There are two independent changes in this PR?

artagnon · 2025-09-15T20:40:55Z

llvm/lib/Transforms/Vectorize/LoopVectorize.cpp

-  if (std::optional<unsigned> ScaleFactor = getScalingForReduction(Instr))
-    return tryToCreatePartialReduction(Instr, Operands, ScaleFactor.value());
+  if (std::optional<unsigned> ScaleFactor = getScalingForReduction(Instr)) {
+    if (auto PartialRed =
+            tryToCreatePartialReduction(Instr, Operands, ScaleFactor.value()))
+      return PartialRed;
+  }


Bad change?

I think this is intentional? tryToCreatePartialReduction can now return nullptr on line 8185 so I presume we need to check it here.

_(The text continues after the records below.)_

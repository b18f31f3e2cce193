-- ===== src/Loop/Removal.antt =====
-- `reapDeadClients`: exactly the clients that are dead, or closing with nothing left to send, leave.
use irc.Base.{
  ℕ, ◌≡◌, ◌≤◌, refl, Bool, false, not, ◌&&◌, ◌||◌, List, [], ◌∷◌, none, some, arith, contains, ◌==◌,
  Option-cases, inl, inr,
}
use irc.Text.{int_key, text_key}
use irc.Map.{Map, lookup}
use irc.Map.Laws.{has}
use irc.Client.{Client, has_pending_output, mark_dead}
use irc.Server.{Server}
use irc.Server.Find.{Above, Sorted}
use irc.Policy.Invariant.All.{Inv}
use irc.Loop.{
  finish_closing, finish_all, dead_fds, remove_client, announce_quit, disconnect_client,
  disconnect_all, reap_dead_clients,
}
use irc.Loop.Invariant.Leave.{has-erase, lookup-finish_all, finish_all-Inv}
use irc.Loop.Steady.{Steady-has}
use irc.Loop.Steady.Steps.{announce_quit-Steady}

pub has-disconnect_client :
    (x fd : ℕ) (s : Server)
    → has x (disconnect_client fd s).clients ≡ (not (x == fd) && has x s.clients)
unfolding disconnect_client remove_client has
has-disconnect_client x fd s = elim (Option-cases (lookup fd s.clients)) [
  | inl gone ↦ rw (gone, disconnect_client) (ground (arith, gone))
  | inr (c, there) ↦
      rw (there, disconnect_client)
        (ground (
          arith,
          has-erase x fd (announce_quit fd c s).clients,
          Steady-has x s (announce_quit fd c s) (announce_quit-Steady fd c s),
        ))
]

has-disconnect_all :
    (x : ℕ) (fds : List ℕ) (s : Server)
    → has x (disconnect_all fds s).clients ≡ (not (contains x fds) && has x s.clients)
unfolding disconnect_all
has-disconnect_all x [] s = refl
has-disconnect_all x (fd ∷ fds) s =
    ground (arith, has-disconnect_all x fds (disconnect_client fd s), has-disconnect_client x fd s)

contains-dead_fds_below :
    (x b : ℕ) (m : Map ℕ Client) → Above b m → x ≤ b → contains x (dead_fds m) ≡ false
unfolding dead_fds
contains-dead_fds_below x b [] a h = refl
contains-dead_fds_below x b ((k, c) ∷ m) a h =
    ground (arith, contains-dead_fds_below x b m a.1, a.0)

contains-dead_fds :
    (x : ℕ) (m : Map ℕ Client)
    → Sorted m
    → contains x (dead_fds m) ≡ (elim (lookup x m) [ none ↦ false | some c ↦ c.dead ])
unfolding dead_fds lookup
contains-dead_fds x [] s = refl
contains-dead_fds x ((k, c) ∷ m) s =
    ground (arith, contains-dead_fds x m s.1, contains-dead_fds_below x k m s.0)

-- The client is dead, or closing and has nothing left to send.
abbrev pub is_finished : Client → Bool
is_finished c = c.dead || c.closing && not (has_pending_output c)

dead-finish_closing : (c : Client) → (finish_closing c).dead ≡ is_finished c
unfolding finish_closing mark_dead
dead-finish_closing c = ground arith

-- In a server with the invariant: after the round's clients have been removed, a client of the
-- server is still there exactly if it was neither dead nor closing with nothing left to send.
pub has-reap_dead_clients :
    (x : ℕ) (c : Client) (s : Server)
    → Inv s
    → lookup x s.clients ≡ some c
    → has x (reap_dead_clients s).clients ≡ not (is_finished c)
unfolding reap_dead_clients has
has-reap_dead_clients x c s i there =
    let m = finish_all s.clients in
    let i' = finish_all-Inv s i in
    ground (
      arith,
      has-disconnect_all x (dead_fds m) (record s { clients = m }),
      contains-dead_fds x m i'.nicks_ok.sorted,
      lookup-finish_all x s.clients,
      dead-finish_closing c,
      there,
    )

Yes, we need to account for tryToCreatePartialReduction now possibly returning nullptr

sdesmalen-arm · 2025-09-16T08:09:12Z

llvm/lib/Transforms/Vectorize/VPlanUtils.cpp

+  assert(
+      (!isa<VPInstruction>(R) || cast<VPInstruction>(R)->getOpcode() !=
+                                     VPInstruction::ReductionStartVector) &&
+      "getting scaling factor of reduction-start-vector not implemented yet");


Will this now result in the compiler (with asserts enabled) to fail on valid code when trying to vectorise it?
If so then this needs to be a FIXME instead.

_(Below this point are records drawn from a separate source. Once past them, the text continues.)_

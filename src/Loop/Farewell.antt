-- ===== src/Loop/Farewell.antt =====
-- A client that is closing leaves the server when its last output has been sent.
use irc.Base.{
  ℕ, zero, suc, ◌-◌, ◌≤◌, ◌≡◌, refl, ap, ◌∙◌, true, false, not, List, [], ◌∷◌, none, some, arith,
  length, length-drop, is_empty, leb, if◌then◌else◌, Bool-cases, inl, inr,
}
use irc.Text.{Text, int_key, text_key}
use irc.Map.{lookup}
use irc.Map.Laws.{has, lookup-modify}
use irc.Client.{Client, consume_send_buffer}
use irc.Server.{Server, update_client}
use irc.Policy.Invariant.All.{Inv}
use irc.Loop.{Sent, took, after_send, handle_client_write, reap_dead_clients}
use irc.Loop.Invariant.{handle_client_write-Inv}
use irc.Loop.Removal.{is_finished, has-reap_dead_clients}

abbrev pub pending : ℕ → Server → ℕ
pending fd s = elim (lookup fd s.clients) [ none ↦ 0 | some c ↦ length c.send_buffer ]

-- What `send` takes of `offered` bytes if it is ready for `n` more than one.
abbrev pub taken : ℕ → ℕ → ℕ
taken n offered = if leb (suc n) offered then suc n else offered

-- The socket is ready for writing again and again, each time for at least one byte.
unfoldable pub flush : List ℕ → ℕ → Server → Server
flush [] fd s = s
flush (n ∷ ns) fd s = flush ns fd (handle_client_write fd (took (taken n (pending fd s))) s)

flush-Inv : (ns : List ℕ) (fd : ℕ) (s : Server) → Inv s → Inv (flush ns fd s)
unfolding flush
flush-Inv [] fd s i = i
flush-Inv (n ∷ ns) fd s i = flush-Inv ns fd _ (handle_client_write-Inv fd _ s i)

-- The same client, with `most` bytes to send at most.
record Left (c : Client) (most : ℕ) (d : Client) : Type 0 where
  pub alive : d.dead ≡ false
  pub closing_same : d.closing ≡ c.closing
  pub fewer : length d.send_buffer ≤ most

after_send-Left :
    (t : ℕ) (c : Client)
    → 1 ≤ t
    → t ≤ length c.send_buffer
    → c.dead ≡ false
    → Left c (length c.send_buffer - 1) (after_send (took t) c)
unfolding after_send consume_send_buffer
after_send-Left zero c h l a = absurd (omega arith)
after_send-Left (suc n) c h l a = record {
  alive = ground arith;
  closing_same = ground arith;
  fewer = ground (arith, length-drop (suc n) c.send_buffer);
}

some_taken :
    (n : ℕ) (s : Text)
    → is_empty s ≡ false
    → (1 ≤ taken n (length s)) × (taken n (length s) ≤ length s)
some_taken n [] h = cc
some_taken n (b ∷ s) h = ground arith

nothing_left : (c : Client) → is_empty c.send_buffer ≡ true → length c.send_buffer ≡ 0
nothing_left c h = ground arith

written :
    (fd : ℕ) (f : Client → Client) (s : Server) (c : Client)
    → lookup fd s.clients ≡ some c
    → lookup fd (update_client fd f s).clients ≡ some (f c)
unfolding update_client
written fd f s c e = ground (arith, e, lookup-modify fd fd f s.clients)

nothing_written :
    (fd : ℕ) (w : Sent) (s : Server) (c : Client)
    → lookup fd s.clients ≡ some c
    → is_empty c.send_buffer ≡ true
    → handle_client_write fd w s ≡ s
unfolding handle_client_write
nothing_written fd w s c there nothing = rw (there, handle_client_write) (ground (arith, nothing))

wrote :
    (fd : ℕ) (w : Sent) (s : Server) (c : Client)
    → lookup fd s.clients ≡ some c
    → c.dead ≡ false
    → is_empty c.send_buffer ≡ false
    → handle_client_write fd w s ≡ update_client fd (after_send w) s
unfolding handle_client_write
wrote fd w s c there a some_output = rw (there, handle_client_write, a, some_output) refl

pending_lem :
    (fd : ℕ) (s : Server) (c : Client)
    → lookup fd s.clients ≡ some c
    → pending fd s ≡ length c.send_buffer
pending_lem fd s c there = rw (there, pending) refl

write_step :
    (n fd : ℕ) (s : Server) (c : Client)
    → lookup fd s.clients ≡ some c
    → c.dead ≡ false
    → (d : Client) × (lookup fd (handle_client_write fd (took (taken n (pending fd s))) s).clients
        ≡ some d)
      × Left c (length c.send_buffer - 1) d
write_step n fd s c there a = elim (Bool-cases (is_empty c.send_buffer)) [
  | inl nothing ↦ (
    c,
    ap (λ (t : Server). lookup fd t.clients) (nothing_written fd _ s c there nothing) ∙ there,
    record { alive = a; closing_same = refl; fewer = ground (arith, nothing_left c nothing) },
  )
  | inr some_output ↦
      let t = taken n (length c.send_buffer) in
      let (least, enough) = some_taken n c.send_buffer some_output in
      (
        after_send (took t) c,
        ap (λ (u : Server). lookup fd u.clients)
              (wrote fd (took (taken n (pending fd s))) s c there a some_output)
            ∙ ap (λ p. lookup fd (update_client fd (after_send (took (taken n p))) s).clients)
                (pending_lem fd s c there)
            ∙ written fd (after_send (took t)) s c there,
        after_send-Left t c least enough a,
      )
]

flush-Left :
    (ns : List ℕ) (fd : ℕ) (s : Server) (c : Client)
    → lookup fd s.clients ≡ some c
    → c.dead ≡ false
    → (d : Client) × (lookup fd (flush ns fd s).clients ≡ some d)
      × Left c (length c.send_buffer - length ns) d
unfolding flush
flush-Left [] fd s c there a =
    (c, there, record { alive = a; closing_same = refl; fewer = ground arith })
flush-Left (n ∷ ns) fd s c there a =
    let (b, in_b, one) = write_step n fd s c there a in
    let (d, in_d, others) =
      flush-Left ns fd (handle_client_write fd (took (taken n (pending fd s))) s) b in_b
        one.alive in
    (
      d,
      in_d,
      record {
        alive = others.alive;
        closing_same = others.closing_same ∙ one.closing_same;
        fewer = ground (arith, others.fewer, one.fewer);
      },
    )

finished : (d : Client) → d.closing ≡ true → length d.send_buffer ≤ 0 → is_finished d ≡ true
finished d g l = ground arith

-- From a state with the invariant: if a client of the server is closing and not dead, and its socket
-- is ready for writing at least as often as it has bytes to send, taking at least one byte each
-- time, then the next removal of clients removes it.
pub has-flush :
    (ns : List ℕ) (fd : ℕ) (s : Server) (c : Client)
    → Inv s
    → lookup fd s.clients ≡ some c
    → c.dead ≡ false
    → c.closing ≡ true
    → length c.send_buffer ≤ length ns
    → has fd (reap_dead_clients (flush ns fd s)).clients ≡ false
has-flush ns fd s c i there a g enough =
    let (d, in_d, left) = flush-Left ns fd s c there a in
    has-reap_dead_clients fd d (flush ns fd s) (flush-Inv ns fd s i) in_d
    ∙ ap not (finished d (left.closing_same ∙ g) (ground (arith, left.fewer)))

This just moves the existing code and allows R to be a nullptr, so I don't think this should introduce a new assertion failure.

sdesmalen-arm · 2025-09-16T08:39:09Z

llvm/lib/Transforms/Vectorize/LoopVectorize.cpp

      isa<VPPartialReductionRecipe>(BinOpRecipe))
    std::swap(BinOp, Accumulator);

+  if (ScaleFactor !=


Why does the scale-factor of the accumulator (PHI) not match that of the reduction? Is there something missing elsewhere that causes this to not match?

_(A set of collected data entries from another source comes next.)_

-- ===== src/Policy/Invariant.antt =====
-- The invariant of the server, and that every act keeps it.
pub mod Members
pub mod Channels
pub mod Clients
pub mod Nicks
pub mod All
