-- ===== src/Policy/Refine.antt =====
-- The handlers of src/commands and the dispatch of a line are sequences of acts of the policy.
pub mod Enrol
pub mod Join
pub mod Moderate
pub mod Mode
pub mod Dispatch
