-- ===== src/Tests.antt =====
-- Runs at fixed inputs, and an example of each theorem that has conditions.
mod States
mod Texts
mod Sessions
mod Bots
mod Handlers
mod Services
mod Modes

Possibly unrelated, but when I print the values of BinOp/Accumulator, I see that BinOp = WIDEN_REDUCTION-PHI and Accumulator = WIDEN-CAST, which is then swapped above to result in BinOp = WIDEN-CAST. That does not look like a binary-op to me, so. Is this poorly named or does the code actually assume a 'dot-product'-like operation which is not what it gets?

Why does the scale-factor of the accumulator (PHI) not match that of the reduction? Is there something missing elsewhere that causes this to not match?

Ths can happen when there's a chain and the first entry can use a partial reduction but the second entry in the chain cannot.

Possibly unrelated, but when I print the values of BinOp/Accumulator, I see that BinOp = WIDEN_REDUCTION-PHI and Accumulator = WIDEN-CAST, which is then swapped above to result in BinOp = WIDEN-CAST. That does not look like a binary-op to me, so. Is this poorly named or does the code actually assume a 'dot-product'-like operation which is not what it gets?

I think it is poorly named, as this also supports using dot product instructions for widening adds, by multiplying with 1

SamTebbs33

This looks sensible to me, thank you.

SamTebbs33 · 2025-09-19T09:22:58Z

llvm/test/Transforms/LoopVectorize/AArch64/partial-reduce-chained.ll

 ; CHECK-NEON-NEXT:    [[WIDE_LOAD:%.*]] = load <16 x i8>, ptr [[NEXT_GEP]], align 1
 ; CHECK-NEON-NEXT:    [[TMP3:%.*]] = zext <16 x i8> [[WIDE_LOAD]] to <16 x i32>
-; CHECK-NEON-NEXT:    [[PARTIAL_REDUCE:%.*]] = call <16 x i32> @llvm.experimental.vector.partial.reduce.add.v16i32.v16i32(<16 x i32> [[VEC_PHI]], <16 x i32> [[TMP3]])
+; CHECK-NEON-NEXT:    [[PARTIAL_REDUCE:%.*]] = add <16 x i32> [[VEC_PHI]], [[TMP3]]


This test should probably be renamed now that it doesn't produce a partial reduction.

thanks, updated to red_extended_add_incomplete_chain

…ons-non-narrowing

github-actions · 2025-09-24T10:42:44Z

✅ With the latest revision this PR passed the C/C++ code formatter.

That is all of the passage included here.